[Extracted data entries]
-- ===== src/DaemonAuth/Installed.antt =====
-- What the daemon runs with, and that an installation that passed its check can start it.
use stdiod.Config.{nonempty-inv}
use stdiod.Base.{ok_inj}
use stdiod.Base.{some_inj}
use stdiod.Base.{
  String, ◌≡◌, refl, sym, subst, ap, true, false, Option, none, some, is_some, Result, ok, bind-inv,
  map_err-inv, or_fail-inv, or_fail, map_err, arith, inl, inr, Option-cases,
}
use stdiod.Base.Text.{is_blank}
use stdiod.Config.{
  CredentialKind, client_access_token, legacy_api_key, CredentialRef, PersistedConfig, Resolved,
  Machine, nonempty, choose_credential, credential_of, usable_credential, resolved_credential,
  backend_url, device_id, device_label,
}
use stdiod.Config.Backend.{Url, check_binding, normalize_backend_url, ensure_installable}
use stdiod.Config.Merge.{
  check_backend, check_device, merge, merge_with, merge_checked, merge_saved, normalize_opt,
  saved_backend,
}
use stdiod.DaemonAuth.{
  RunArgs, awaiting_login, invalid, ResolvedRun, overrides, installation_for, device_for,
  from_merged, from_args,
}

-- A client credential comes with an installation and a device, a legacy key with no installation.
abbrev pub HasInstallation : CredentialKind → Option String → String → Type 0
HasInstallation client_access_token installation device =
    (is_some (nonempty installation) ≡ true) × (is_blank device ≡ false)
HasInstallation legacy_api_key installation device = installation ≡ none

-- The shape of the values that the daemon runs with.
pub record IsComplete (r : ResolvedRun) : Type 0 where
  pub has_credential : is_blank r.credential ≡ false
  pub installed : HasInstallation r.credential_kind r.client_installation_id r.device_id

nonempty-some : (v : Option String) (s : String) → nonempty v ≡ some s → is_blank s ≡ false
unfolding nonempty
nonempty-some none s e = cc
nonempty-some (some v) s e = ground arith

nonempty_again : (v : Option String) (s : String) → nonempty v ≡ some s → nonempty (some s) ≡ some s
unfolding nonempty
nonempty_again v s e = rw (nonempty-some v s e)

credential_of-token :
    (kind : CredentialKind) (v : Option String) (c : CredentialRef)
    → credential_of kind (nonempty v) ≡ some c
    → is_blank c.token ≡ false
credential_of-token kind v c e = elim (Option-cases (nonempty v)) [
  | inl f ↦ absurd (let e' : none ≡ some c = rw f at e in cc)
  | inr (s, f) ↦
      let same : record { token = s; kind = kind } ≡ c = some_inj (rw f at e) in
      rw (← same) (nonempty-some v s f)
]

resolved_credential-inv :
    (m : Resolved) (c : CredentialRef)
    → resolved_credential m ≡ ok c
    → choose_credential m.client_access_token m.api_key ≡ some c
unfolding resolved_credential
resolved_credential-inv m c e = or_fail-inv _ _ c e

choose_credential-token :
    (token key : Option String) (c : CredentialRef)
    → choose_credential token key ≡ some c
    → is_blank c.token ≡ false
unfolding choose_credential
choose_credential-token token key c e = elim (Option-cases (nonempty token)) [
  | inl f ↦ credential_of-token legacy_api_key key c (rw f at e)
  | inr (s, f) ↦ credential_of-token client_access_token token c (rw f (rw f at e))
]

installed_lem :
    (kind : CredentialKind) (machine : Machine) (m : Resolved) (installation : Option String)
    (device : String)
    → installation_for kind m ≡ ok installation
    → device_for kind machine m ≡ ok device
    → HasInstallation kind installation device
unfolding installation_for device_for
installed_lem client_access_token machine m installation device e f =
    let (id, g, h) =
      bind-inv (or_fail (nonempty m.client_installation_id) awaiting_login) _ installation e in
    let kept : nonempty m.client_installation_id ≡ some id = or_fail-inv _ awaiting_login id g in
    let same : some id ≡ installation = ok_inj h in
    (
      rw (← same) (ap is_some (nonempty_again m.client_installation_id id kept)),
      nonempty-some m.device_id device (or_fail-inv _ awaiting_login device f),
    )
installed_lem legacy_api_key machine m installation device e f = cc

from_merged-IsComplete :
    (machine : Machine) (m : Resolved) (r : ResolvedRun)
    → from_merged machine m ≡ ok r
    → IsComplete r
unfolding from_merged
from_merged-IsComplete machine m r e =
    let (c, e1, f1) = bind-inv (map_err (λ _. awaiting_login) (resolved_credential m)) _ r e in
    let (installation, e2, f2) = bind-inv (installation_for c.kind m) _ r f1 in
    let (device, e3, f3) = bind-inv (device_for c.kind machine m) _ r f2 in
    let (backend, e4, f4) = bind-inv (map_err (λ _. awaiting_login) (backend_url m)) _ r f3 in
    subst IsComplete (ok_inj f4) (record {
      has_credential =
          choose_credential-token m.client_access_token m.api_key c
            (resolved_credential-inv m c (map_err-inv _ (resolved_credential m) c e1));
      installed = installed_lem c.kind machine m installation device e2 e3;
    })

from_merged_lem :
    (machine : Machine) (m : Resolved) (c : CredentialRef) (installation : Option String)
    (device backend : String)
    → resolved_credential m ≡ ok c
    → installation_for c.kind m ≡ ok installation
    → device_for c.kind machine m ≡ ok device
    → backend_url m ≡ ok backend
    → from_merged machine m
      ≡ ok (record {
        backend = backend;
        credential = c.token;
        credential_kind = c.kind;
        client_installation_id = installation;
        edison_secret_key = m.edison_secret_key;
        device_id = device;
        label = device_label machine m;
      })
unfolding from_merged
from_merged_lem machine m c installation device backend e1 e2 e3 e4 =
    rw e1 (rw e2 (rw e3 (rw e4 refl)))

-- Values that `from_args` returns have a credential that is not empty. A client credential comes
-- with an installation and a device that are not empty, and a legacy key with no installation.
pub from_args-IsComplete :
    (parse : String → Option Url) (machine : Machine) (load : Result String PersistedConfig)
    (args : RunArgs) (r : ResolvedRun)
    → from_args parse machine load args ≡ ok r
    → IsComplete r
unfolding from_args
from_args-IsComplete parse machine load args r e =
    let (c, e1, f1) = bind-inv (map_err invalid load) _ r e in
    let (m, e2, f2) = bind-inv (map_err invalid (merge parse c (overrides args))) _ r f1 in
    from_merged-IsComplete machine m r f2

-- No argument and no environment variable is given.
abbrev pub no_args : RunArgs
no_args = record {
  backend = none;
  api_key = none;
  edison_secret_key = none;
  device_id = none;
  label = none;
}

-- The run that a saved configuration stands for.
pub record Runs (parse : String → Option Url) (machine : Machine) (c : PersistedConfig)
    : Type 0 where
  pub run : ResolvedRun
  pub starts : from_args parse machine (ok c) no_args ≡ ok run
  pub own_backend : normalize_opt parse c.backend_url ≡ ok (some run.backend)
  pub own_credential :
      usable_credential c ≡ some (record { token = run.credential; kind = run.credential_kind })

module _ (parse : String → Option Url) (machine : Machine) (c : PersistedConfig) where
  -- Without arguments the merge is the saved configuration.
  merge-no_args :
      (u : String)
      → normalize_opt parse c.backend_url ≡ ok (some u)
      → merge parse c (overrides no_args) ≡ ok (merge_saved c (overrides no_args) none (some u))
  unfolding merge merge_with merge_checked saved_backend check_backend check_device normalize_opt
  merge-no_args u e = rw e refl

  abbrev saved_run : String → Resolved
  saved_run u = merge_saved c (overrides no_args) none (some u)

  binding_starts :
      (kind : CredentialKind) (u : String)
      → check_binding kind c ≡ ok tt
      → (installation : Option String) × (device : String) × (installation_for kind (saved_run u)
          ≡ ok installation)
        × (device_for kind machine (saved_run u) ≡ ok device)
  unfolding check_binding installation_for device_for merge_saved
  binding_starts client_access_token u e = elim (Option-cases (nonempty c.client_installation_id)) [
    | inl f ↦ absurd (let e' = rw f at e in cc)
    | inr (i, f) ↦ elim (Option-cases (nonempty c.device_id)) [
      | inl g ↦ absurd (let e' = rw (f, g) at e in cc)
      | inr (d, g) ↦ (some i, d, rw f refl, rw g refl)
    ]
  ]
  binding_starts legacy_api_key u e = (none, device_id machine (saved_run u), refl, refl)

  credential_starts :
      (u : String) (cr : CredentialRef)
      → usable_credential c ≡ some cr
      → resolved_credential (saved_run u) ≡ ok cr
  unfolding usable_credential resolved_credential merge_saved
  credential_starts u cr e = rw e refl

  backend_starts : (u : String) → backend_url (saved_run u) ≡ ok u
  unfolding backend_url merge_saved
  backend_starts u = refl

  from_saved :
      (u : String) (cr : CredentialRef)
      → normalize_opt parse c.backend_url ≡ ok (some u)
      → usable_credential c ≡ some cr
      → check_binding cr.kind c ≡ ok tt
      → Runs parse machine c
  unfolding from_args merge_saved
  from_saved u cr e1 e2 e3 =
      let (installation, device, f, g) = binding_starts cr.kind u e3 in
      record {
        run = record {
          backend = u;
          credential = cr.token;
          credential_kind = cr.kind;
          client_installation_id = installation;
          edison_secret_key = c.edison_secret_key;
          device_id = device;
          label = device_label machine (saved_run u);
        };
        starts = rw (merge-no_args u e1) (
            from_merged_lem machine (saved_run u) cr installation device u
              (credential_starts u cr e2) f g (backend_starts u));
        own_backend = e1;
        own_credential = e2;
      }

  -- A saved configuration that passes the check of a supervisor installation starts the daemon
  -- without arguments, on its own backend and with its own credential.
  pub ensure_installable-Runs : ensure_installable parse c ≡ ok tt → Runs parse machine c
  unfolding ensure_installable normalize_opt
  ensure_installable-Runs e =
      let (b, e1, f1) = bind-inv (or_fail (nonempty c.backend_url) _) _ tt e in
      let (u, e2, f2) = bind-inv (normalize_backend_url parse b) _ tt f1 in
      let (cr, e3, f3) = bind-inv (or_fail (usable_credential c) _) _ tt f2 in
      from_saved u cr
        (subst (λ v. normalize_opt parse v ≡ ok (some u))
          (sym (nonempty-inv c.backend_url b (or_fail-inv _ _ b e1))) (rw e2 refl))
        (or_fail-inv _ _ cr e3) f3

**Exercise requirements**
Look above for the line containing "unfolding installation_for device_for" and the line containing "choose_credential-token m.client_access_token m.api_key". Transcribe both, with the lines between them, exactly.

**Solution to this problem**
unfolding installation_for device_for
installed_lem client_access_token machine m installation device e f =
    let (id, g, h) =
      bind-inv (or_fail (nonempty m.client_installation_id) awaiting_login) _ installation e in
    let kept : nonempty m.client_installation_id ≡ some id = or_fail-inv _ awaiting_login id g in
    let same : some id ≡ installation = ok_inj h in
    (
      rw (← same) (ap is_some (nonempty_again m.client_installation_id id kept)),
      nonempty-some m.device_id device (or_fail-inv _ awaiting_login device f),
    )
installed_lem legacy_api_key machine m installation device e f = cc

from_merged-IsComplete :
    (machine : Machine) (m : Resolved) (r : ResolvedRun)
    → from_merged machine m ≡ ok r
    → IsComplete r
unfolding from_merged
from_merged-IsComplete machine m r e =
    let (c, e1, f1) = bind-inv (map_err (λ _. awaiting_login) (resolved_credential m)) _ r e in
    let (installation, e2, f2) = bind-inv (installation_for c.kind m) _ r f1 in
    let (device, e3, f3) = bind-inv (device_for c.kind machine m) _ r f2 in
    let (backend, e4, f4) = bind-inv (map_err (λ _. awaiting_login) (backend_url m)) _ r f3 in
    subst IsComplete (ok_inj f4) (record {
      has_credential =
          choose_credential-token m.client_access_token m.api_key c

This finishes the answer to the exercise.